A rectangular fence has a perimeter of 1080 feet. The length is 3 feet more than twice the width. I need to know the dimensions and how to figure it out.
width: w
length: 2w+3
so 2w + 2(2w+3) = 1080
solve
I am sure you can take it from here.
how do you do two step equations
don't know what you mean by 'two step' equations but here is how I would continue
2w + 2(2w+3) = 1080
2w + 4w + 6 = 1080
6w = 1080 - 6
6w = 1074
w = 179
then length = 2w + 3 = 2(179) + 3 = 361
To find the dimensions of the rectangular fence, we can set up a system of equations based on the given information.
Let's assume the width of the fence is "x" feet. According to the problem, the length is 3 feet more than twice the width.

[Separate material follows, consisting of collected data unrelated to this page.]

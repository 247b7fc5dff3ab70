-- ===== src/Project.antt =====
-- internal/spind/up/run.go: the project of a `spind.yaml`, and which VMs of the store are its own. A
-- VM belongs to the project whose root its metadata names.
pub mod Owned
pub mod Names
use spind.Prelude.{
  Bool, Bytes, List, Option, Result, codes, err, guard, if◌then◌else◌, is_empty, none, ok, some,
  str_eq, true, false, ◌++◌, ◌>>=◌, ◌>>◌, ◌||◌,
}
use spind.Text.Words.{trim_space}
use spind.Name.{valid_name}
use spind.Vm.{VmMetadata, JsonFile, missing, unreadable, readable, or_else}
use spind.Vm.Store.{lookup, store, VmDir, VmEntry, not_directory, directory, Vms}
use spind.Vm.Cleanup.{Machine}
use spind.Vm.Delete.{DeleteError, Remover, VmDeleteOptions, delete_vm}

pub record ProjectConfig : Type 0 where
  pub name : Bytes
  pub image : Bytes
  pub k8s : Bytes
  pub setup : List Bytes

pub record Project : Type 0 where
  pub root : Bytes
  pub config_path : Bytes
  pub name : Bytes
  pub image : Bytes
  pub k8s : Bytes
  pub setup : List Bytes
  pub vm_name : Bytes
  pub provisioning_name : Bytes
  pub snapshot_name : Bytes

pub data ProjectError : Type 0 where
  config_missing config_unreadable invalid_project_name invalid_image_name : ProjectError
  unsupported_k8s check_failed not_managed metadata_not_read metadata_not_written : ProjectError
  used_by : Bytes → ProjectError
  delete_failed : DeleteError → ProjectError

abbrev pub supported_k8s : Bytes → Bool
supported_k8s k8s = is_empty k8s || (str_eq k8s (codes "kind") || str_eq k8s (codes "k3d"))

unfoldable pub parsed_config : JsonFile ProjectConfig → Result ProjectError ProjectConfig
parsed_config missing = err config_missing
parsed_config unreadable = err config_unreadable
parsed_config (readable config) = ok config

-- The root is found already; `base_name` is what `filepath.Base` makes of it.
unfoldable pub load_project :
    Bytes → Bytes → Bytes → JsonFile ProjectConfig → Result ProjectError Project
load_project root base_name config_path file = do
  config ← parsed_config file
  guard (valid_name (or_else (trim_space config.name) base_name)) invalid_project_name
  guard (valid_name (or_else (trim_space config.image) (codes "docker"))) invalid_image_name
  guard (supported_k8s (trim_space config.k8s)) unsupported_k8s
  ok (record {
    root = root;
    config_path = config_path;
    name = or_else (trim_space config.name) base_name;
    image = or_else (trim_space config.image) (codes "docker");
    k8s = trim_space config.k8s;
    setup = config.setup;
    vm_name = or_else (trim_space config.name) base_name;
    provisioning_name = or_else (trim_space config.name) base_name ++ codes "-provisioning";
    snapshot_name = or_else (trim_space config.name) base_name ++ codes "-provisioned";
  })

unfoldable pub project_conflict : Bytes → ProjectError
project_conflict existing_root =
    if is_empty existing_root then not_managed else used_by existing_root

unfoldable pub check_owner : Bytes → JsonFile VmMetadata → Result ProjectError (Unit {0})
check_owner root missing = err not_managed
check_owner root unreadable = err not_managed
check_owner root (readable metadata) =
    guard (str_eq metadata.project_root root) (project_conflict metadata.project_root)

unfoldable pub check_entry : Bytes → Option VmEntry → Result ProjectError (Unit {0})
check_entry root none = ok tt
check_entry root (some not_directory) = err not_managed
check_entry root (some (directory dir)) = check_owner root dir.metadata

-- `stat_fails` are the names whose `os.Stat` fails for another reason than a missing file.
unfoldable pub validate_project_vm :
    (Bytes → Bool) → Bytes → Bytes → Vms → Result ProjectError (Unit {0})
validate_project_vm stat_fails name root vms =
    if stat_fails name then err check_failed else check_entry root (lookup name vms)

-- `WriteMetadata`: whether it succeeds, and what is left of the file where not
pub record MetadataWriter : Type 0 where
  pub writes : Bool
  pub left : JsonFile VmMetadata

abbrev pub marked : Project → Bytes → VmMetadata → VmMetadata
marked project role metadata = record metadata {
  project_name = project.name;
  project_root = project.root;
  project_role = role;
}

unfoldable pub mark_dir :
    MetadataWriter
    → Bytes
    → Project
    → Bytes
    → VmDir
    → JsonFile VmMetadata
    → Vms
    → Result ProjectError (Unit {0}) × Vms
mark_dir writer name project role dir missing vms = (err metadata_not_read, vms)
mark_dir writer name project role dir unreadable vms = (err metadata_not_read, vms)
mark_dir writer name project role dir (readable metadata) vms =
    let written = directory (record dir { metadata = readable (marked project role metadata) }) in
    if writer.writes then (ok tt, store name written vms) else (
      err metadata_not_written,
      store name (directory (record dir { metadata = writer.left })) vms,
    )

unfoldable pub mark_vm_project :
    MetadataWriter
    → Bytes
    → Project
    → Bytes
    → Option VmEntry
    → Vms
    → Result ProjectError (Unit {0}) × Vms
mark_vm_project writer name project role none vms = (err metadata_not_read, vms)
mark_vm_project writer name project role (some not_directory) vms = (err metadata_not_read, vms)
mark_vm_project writer name project role (some (directory dir)) vms =
    mark_dir writer name project role dir dir.metadata vms

module _ {W : Type 0} (machine : Machine W) (remover : Remover W) where
  abbrev pub forced : VmDeleteOptions
  forced = record { force = true; unmerge_kubeconfig = false }

  unfoldable pub delete_owned :
      Bytes → Bytes → Bytes → Option VmEntry → Vms → W → Result ProjectError (Unit {0}) × Vms × W
  delete_owned vm_store runner_path name none vms w = (ok tt, vms, w)
  delete_owned vm_store runner_path name (some entry) vms w =
      let (deleted, vms', w') = delete_vm machine remover vm_store runner_path name forced vms w in
      elim deleted [ ok _ ↦ (ok tt, vms', w') | err e ↦ (err (delete_failed e), vms', w') ]

  unfoldable pub delete_project_vm_if_exists :
      (Bytes → Bool)
      → Bytes
      → Bytes
      → Bytes
      → Bytes
      → Vms
      → W
      → Result ProjectError (Unit {0}) × Vms × W
  delete_project_vm_if_exists stat_fails vm_store runner_path name root vms w =
      let deleted = delete_owned vm_store runner_path name (lookup name vms) vms w in
      elim (validate_project_vm stat_fails name root vms) [
        | err e ↦ (err e, vms, w)
        | ok _ ↦ deleted
      ]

So, the length can be represented as "2x + 3" feet.
The formula for the perimeter of a rectangle is given by P = 2L + 2W, where P is the perimeter, L is the length, and W is the width.
Substituting the given values, we have:
1080 = 2(2x + 3) + 2x
Simplifying the equation, we get:
1080 = 4x + 6 + 2x
Combining like terms, we have:
1080 = 6x + 6
Now, we can isolate the variable:
1080 - 6 = 6x
1074 = 6x
Dividing both sides by 6:
x = 1074 / 6
x = 179
So, the width of the rectangular fence is 179 feet. Now we can find the length by substituting the value of the width into the given formula:
Length = 2x + 3
Length = 2(179) + 3
Length = 358 + 3
Length = 361
Therefore, the dimensions of the rectangular fence are 179 feet by 361 feet.